----- The data -----

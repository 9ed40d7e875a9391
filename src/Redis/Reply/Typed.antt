-- ===== src/Redis/Reply/Typed.antt =====
-- redis/parser.go and redis/command.go: the parsers of lists, maps and slots, and `parseReply` of
-- each type of command.
use smartproxy.Common.{
  ℕ, zero, suc, Bool, false, ◌||◌, List, [], ◌∷◌, ◌++◌, Option, none, some, Bytes, codes, ltb, ◌==◌,
  if◌then◌else◌, Map, insert,
}
use smartproxy.Common.Int.{ℤ, pos, negsuc}
use smartproxy.Text.{Parsed, num, parse_int, format_int}
use smartproxy.Errors.{Error, plain}
use smartproxy.Wire.{Reader, Outcome, ok, failed, panicked, ◌>>=◌}
use smartproxy.Redis.Format.{Value, Values, nil, cons, nil_value, int_value, str_value, list_value}
use smartproxy.Redis.Command.{SlotInfo}
use smartproxy.Redis.Slots.{hash_slots}
use smartproxy.Redis.Reply.{Got, got_str, got_int, got_multi}

abbrev not_string : Error
not_string = plain (codes "got int64, expected string")

unfoldable pub as_string : Got (Unit {0}) → Reader → Outcome Bytes
as_string (got_str s) r = ok s r
as_string (got_int v) r = failed not_string r
as_string (got_multi u) r = failed not_string r

unfoldable pub as_flag : Got (Unit {0}) → Reader → Outcome Bool
as_flag (got_int (pos n)) r = ok (n == 1) r
as_flag (got_int (negsuc n)) r = ok false r
as_flag _ r = failed (plain (codes "got string, expected int64")) r

number_text : Bytes → Parsed → Reader → Outcome ℤ
number_text s (num v) r = ok v r
number_text s _ r = failed (plain (codes "got " ++ s ++ codes ", expected number")) r

unfoldable pub as_number : Got (Unit {0}) → Reader → Outcome ℤ
unfolding number_text
as_number (got_int v) r = ok v r
as_number (got_str s) r = number_text s (parse_int 64 s) r
as_number (got_multi u) r = panicked

-- The loop that `parseStringSlice` and `parseBoolSlice` share.
unfoldable pub each_of : {A : Type 0} → (Reader → Outcome A) → ℕ → Reader → Outcome (List A)
each_of item zero r = ok [] r
each_of item (suc n) r =
    item r >>= λ a rest. each_of item n rest >>= λ list rest'. ok (a ∷ list) rest'

-- The loop of `parseStringStringMap` and `parseStringIntMap` over the pairs; a later pair replaces.
unfoldable pub each_pair :
    {V : Type 0}
    → (Reader → Outcome Bytes)
    → (Reader → Outcome V)
    → ℕ
    → Map V
    → Reader
    → Outcome (Map V)
unfolding insert
each_pair key value zero m r = ok m r
each_pair key value (suc n) m r =
    key r >>= λ k rest. value rest >>= λ v rest'. each_pair key value n (insert k v m) rest'

-- `%v` of what a slice holds.
mutual
  show_value : Value → Bytes
  show_value nil_value = codes "<nil>"
  show_value (int_value v) = format_int v
  show_value (str_value s) = s
  show_value (list_value vs) = b'[' ∷ show_values vs

  show_values : Values → Bytes
  show_values nil = b']' ∷ []
  show_values (cons v vs) = show_value v ++ show_rest vs

  show_rest : Values → Bytes
  show_rest nil = b']' ∷ []
  show_rest (cons v vs) = b' ' ∷ show_value v ++ show_rest vs

bad_item : Values → Error
unfolding show_value
bad_item item =
    plain
      (codes "got " ++ show_value (list_value item) ++ codes ", expected {int64, int64, string...}")

bad_pair : Values → Error
unfolding show_value
bad_pair pair =
    plain (codes "got " ++ show_value (list_value pair) ++ codes ", expected IP PORT pair")

has_byte : ℕ → Bytes → Bool
has_byte b [] = false
has_byte b (c ∷ s) = c == b || has_byte b s

-- `net.JoinHostPort`
join_host_port : Bytes → Bytes → Bytes
unfolding has_byte
join_host_port host port =
    if has_byte b':' host || has_byte b'%' host
    then b'[' ∷ host ++ codes "]:" ++ port
    else host ++ b':' ∷ port

host_port : Values → Value → Value → Reader → Outcome Bytes
unfolding bad_pair join_host_port
host_port pair (str_value (c ∷ ip)) (int_value (pos (suc port))) r =
    ok (join_host_port (c ∷ ip) (format_int (pos (suc port)))) r
host_port pair _ _ r = failed (bad_pair pair) r

pair_addr : Values → Value → Reader → Outcome Bytes
unfolding host_port
pair_addr item (list_value (cons ip (cons port nil))) r =
    host_port (cons ip (cons port nil)) ip port r
pair_addr item _ r =
    failed
      (plain (
        codes "got " ++ show_value (list_value item) ++ codes ", expected []interface{host, port}"))
      r

pair_addrs : Values → Values → Reader → Outcome (List Bytes)
unfolding pair_addr
pair_addrs item nil r = ok [] r
pair_addrs item (cons v vs) r = pair_addr item v r >>= λ addr rest.
    pair_addrs item vs rest >>= λ addrs rest'. ok (addr ∷ addrs) rest'

-- `start > hashSlots` lets the number of the slots itself through.
slot_bound : Value → Option ℕ
slot_bound (int_value (pos n)) = if ltb hash_slots n then none else some n
slot_bound _ = none

slot_info : Values → Option ℕ → Option ℕ → Values → Reader → Outcome SlotInfo
unfolding pair_addrs bad_item
slot_info item (some start) (some last) pairs r = pair_addrs item pairs r >>= λ addrs rest.
    ok (record { start = start; last = last; addrs = addrs }) rest
slot_info item _ _ pairs r = failed (bad_item item) r

unfoldable pub slot_item : Got Values → Reader → Outcome SlotInfo
unfolding slot_info slot_bound bad_item
slot_item (got_multi (cons start (cons last (cons v vs)))) r =
    slot_info (cons start (cons last (cons v vs))) (slot_bound start) (slot_bound last) (cons v vs)
      r
slot_item (got_multi item) r = failed (bad_item item) r
slot_item (got_str s) r = failed (plain (codes "got string, expected []interface{}")) r
slot_item (got_int v) r = failed (plain (codes "got int64, expected []interface{}")) r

-----

_Instructions to follow_
Go through the records line by line, and copy each line that holds the string "zero".

_Result of the task_
  ℕ, zero, suc, Bool, false, ◌||◌, List, [], ◌∷◌, ◌++◌, Option, none, some, Bytes, codes, ltb, ◌==◌,
each_of item zero r = ok [] r
each_pair key value zero m r = ok m r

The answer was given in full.